3 months here.. dam is over 15 hands for reference. He is a BIG boy!








another 3 month old. Dam is smaller at 14.3-15h


----------



## barrelbeginner (Jan 31, 2012)

whoah.. the first one has some pretty cool markings.. is he still 3 months? or do U have a picture of what his marks look like now??


----------



## MHFoundation Quarters (Feb 23, 2011)

My little foalzilla, 4 1/2 months old. Dam is 15.3-16hh, sire 14.2. In the pasture, grey mare is her dam, black mare is my Hano who is 16.2 for reference. Little miss sassy pants will be getting weaned as soon as I am home from vacation. She's a tank!


----------



## GhostwindAppaloosa (Jun 3, 2011)

barrelbeginner said:


> whoah.. the first one has some pretty cool markings.. is he still 3 months? or do U have a picture of what his marks look like now??


here he is at four months


----------



## barrelbeginner (Jan 31, 2012)

He is so adorable lol. I like his random spots and the leg markings


----------



## BrieannaKelly (May 31, 2012)

Very pretty babies here. LOVE the coloring and markings of GhostwindAppaloosa's foalzilla ;-)
I love watching change and development in babies, thank you for sharing, I am excited to see this guy grow up.


----------



## GhostwindAppaloosa (Jun 3, 2011)

BrieannaKelly said:


> Very pretty babies here. LOVE the coloring and markings of GhostwindAppaloosa's foalzilla ;-)
> I love watching change and development in babies, thank you for sharing, I am excited to see this guy grow up.

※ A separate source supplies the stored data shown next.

-- ===== src/Ingestion/Indexer/Rebuild.antt =====
-- A run of the indexer rebuilds its anime (packages/ingestion/src/anime_ingestion/indexer.py).
use mathlib.Core.List.{append-nil}
use anime_recommendation_eng.Base.{
  ℕ, ◌≡◌, refl, ap, ◌∙◌, inl, inr, Bool, true, false, not, ◌==◌, List, [], ◌∷◌, ◌++◌, map, elem,
  keep, if◌then◌else◌, Bool-cases, All, arith,
}
use anime_recommendation_eng.Base.Text.{Text}
use anime_recommendation_eng.Ingestion.{AnimeChunk}
use anime_recommendation_eng.Ingestion.Indexer.{ChunkRow, rows_of, rebuild_chunks}

module _ {S V : Type 0} where
  abbrev pub chunk_of : ℕ → ChunkRow S V → Bool
  chunk_of id r = r.chunk.mal_id == id

  -- The row belongs to a run with these ids.
  abbrev pub Within : List ℕ → ChunkRow S V → Type 0
  Within ids r = elem r.chunk.mal_id ids ≡ true

  keep-append :
      (p : ChunkRow S V → Bool) (xs ys : List (ChunkRow S V))
      → keep p (xs ++ ys) ≡ keep p xs ++ keep p ys
  keep-append p [] ys = refl
  keep-append p (x ∷ xs) ys = elim (Bool-cases (p x)) [
    | inl hit ↦ rw hit (ap (λ t. x ∷ t) (keep-append p xs ys))
    | inr miss ↦ rw miss (keep-append p xs ys)
  ]

  abbrev outside : List ℕ → ChunkRow S V → Bool
  outside ids r = not (elem r.chunk.mal_id ids)

  keep-outside-Within :
      (ids : List ℕ) (rows : List (ChunkRow S V))
      → All (Within ids) rows
      → keep (outside ids) rows ≡ []
  keep-outside-Within ids [] h = refl
  keep-outside-Within ids (r ∷ rs) h = rw h.0 (keep-outside-Within ids rs h.1)

  keep-outside-twice :
      (ids : List ℕ) (rows : List (ChunkRow S V))
      → keep (outside ids) (keep (outside ids) rows) ≡ keep (outside ids) rows
  keep-outside-twice ids [] = refl
  keep-outside-twice ids (r ∷ rs) = elim (Bool-cases (elem r.chunk.mal_id ids)) [
    | inl inside ↦ rw inside (keep-outside-twice ids rs)
    | inr other ↦ rw other (rw other (ap (λ t. r ∷ t) (keep-outside-twice ids rs)))
  ]

  pub rebuild_chunks-twice :
      (ids : List ℕ) (rows table : List (ChunkRow S V))
      → All (Within ids) rows
      → rebuild_chunks ids rows (rebuild_chunks ids rows table) ≡ rebuild_chunks ids rows table
  unfolding rebuild_chunks
  rebuild_chunks-twice ids rows table h =
      rw
        (
          keep-append (outside ids) (keep (outside ids) table) rows,
          keep-outside-Within ids rows h,
          keep-outside-twice ids table,
          append-nil (keep (outside ids) table),
        )
        refl

  -- The chunks of one anime: those of the run, or those that were there.
  keep_id-outside :
      (ids : List ℕ) (id : ℕ) (rows : List (ChunkRow S V))
      → keep (chunk_of id) (keep (outside ids) rows)
        ≡ (if elem id ids then [] else keep (chunk_of id) rows)
  keep_id-outside ids id [] = ground arith
  keep_id-outside ids id (r ∷ rs) =
      let rest = keep_id-outside ids id rs in
      elim (Bool-cases (r.chunk.mal_id == id)) [
        | inl same ↦
            let e : r.chunk.mal_id ≡ id = ground (arith, same) in
            elim (Bool-cases (elem id ids)) [
              | inl inside ↦
                  let there : elem r.chunk.mal_id ids ≡ true = rw e inside in
                  rw (there, inside) (rest ∙ rw inside refl)
              | inr other ↦
                  let away : elem r.chunk.mal_id ids ≡ false = rw e other in
                  rw (away, other) (rw same (ap (λ t. r ∷ t) (rest ∙ rw other refl)))
            ]
        | inr apart ↦ elim (Bool-cases (elem r.chunk.mal_id ids)) [
          | inl inside ↦ rw (inside, apart) rest
          | inr other ↦ rw (other, apart) rest
        ]
      ]

  keep_id-Within :
      (ids : List ℕ) (id : ℕ) (rows : List (ChunkRow S V))
      → All (Within ids) rows
      → elem id ids ≡ false
      → keep (chunk_of id) rows ≡ []
  keep_id-Within ids id [] h out = refl
  keep_id-Within ids id (r ∷ rs) h out = elim (Bool-cases (r.chunk.mal_id == id)) [
    | inl same ↦
        let e : r.chunk.mal_id ≡ id = ground (arith, same) in cc (out, h.0, ap (λ i. elem i ids) e)
    | inr apart ↦ rw apart (keep_id-Within ids id rs h.1 out)
  ]

  -- Of the rows of one anime: after the rebuild they are those of the run, if it is one of the run,
  -- and the old ones otherwise.
  pub rebuild_chunks-kept :
      (ids : List ℕ) (id : ℕ) (rows table : List (ChunkRow S V))
      → All (Within ids) rows
      → keep (chunk_of id) (rebuild_chunks ids rows table)
        ≡ keep (chunk_of id) (if elem id ids then rows else table)
  unfolding rebuild_chunks
  rebuild_chunks-kept ids id rows table h =
      rw (keep-append (chunk_of id) (keep (outside ids) table) rows, keep_id-outside ids id table)
        elim (Bool-cases (elem id ids)) [
          | inl inside ↦ rw inside refl
          | inr other ↦
              rw other
                (rw (keep_id-Within ids id rows h other) (append-nil (keep (chunk_of id) table)))
        ]

  pub rows_of-Within :
      (model : Text) (ids : List ℕ) (chunks : List (AnimeChunk S)) (vectors : List V)
      → All (λ c. elem c.mal_id ids ≡ true) chunks
      → All (Within ids) (rows_of model chunks vectors)
  unfolding rows_of
  rows_of-Within model ids [] vs h = tt
  rows_of-Within model ids (c ∷ cs) [] h = tt
  rows_of-Within model ids (c ∷ cs) (v ∷ vs) h = (h.0, rows_of-Within model ids cs vs h.1)

module _ {S : Type 0} where
  elem_later :
      (id : ℕ) (ids : List ℕ) (cs : List (AnimeChunk S))
      → All (λ c. elem c.mal_id ids ≡ true) cs
      → All (λ c. elem c.mal_id (id ∷ ids) ≡ true) cs
  elem_later id ids [] h = tt
  elem_later id ids (c ∷ cs) h = (rw h.0 (ground arith), elem_later id ids cs h.1)

  pub ids-Within :
      (cs : List (AnimeChunk S)) → All (λ c. elem c.mal_id (map (λ d. d.mal_id) cs) ≡ true) cs
  ids-Within [] = tt
  ids-Within (c ∷ cs) =
      (ground arith, elem_later c.mal_id (map (λ d. d.mal_id) cs) cs (ids-Within cs))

Me too  He is going to be breathtaking when he is an adult. I just cant wait. He is staying here so I'll be sure to have lots of photos of him
Right now he is fuzzy wuzzy. For some reason my white horses get the THICKEST fur coats in winter.


----------



## barrelbeginner (Jan 31, 2012)

My paints white part of the pattern.. is ALWAYS thicker then the colored part lol.. crazy.. but it looks pretty cool


----------



## ThirteenAcres (Apr 27, 2012)

Here is mine. He's almost 6 months old. 12 hands tall out of a barely 14 hand dam. He's grade but 1/2 pinto 1/2 I am not sure.


----------



## HorseCrazyTeen (Jul 29, 2012)

Here's my little Fonzie! He is a miniature horse. 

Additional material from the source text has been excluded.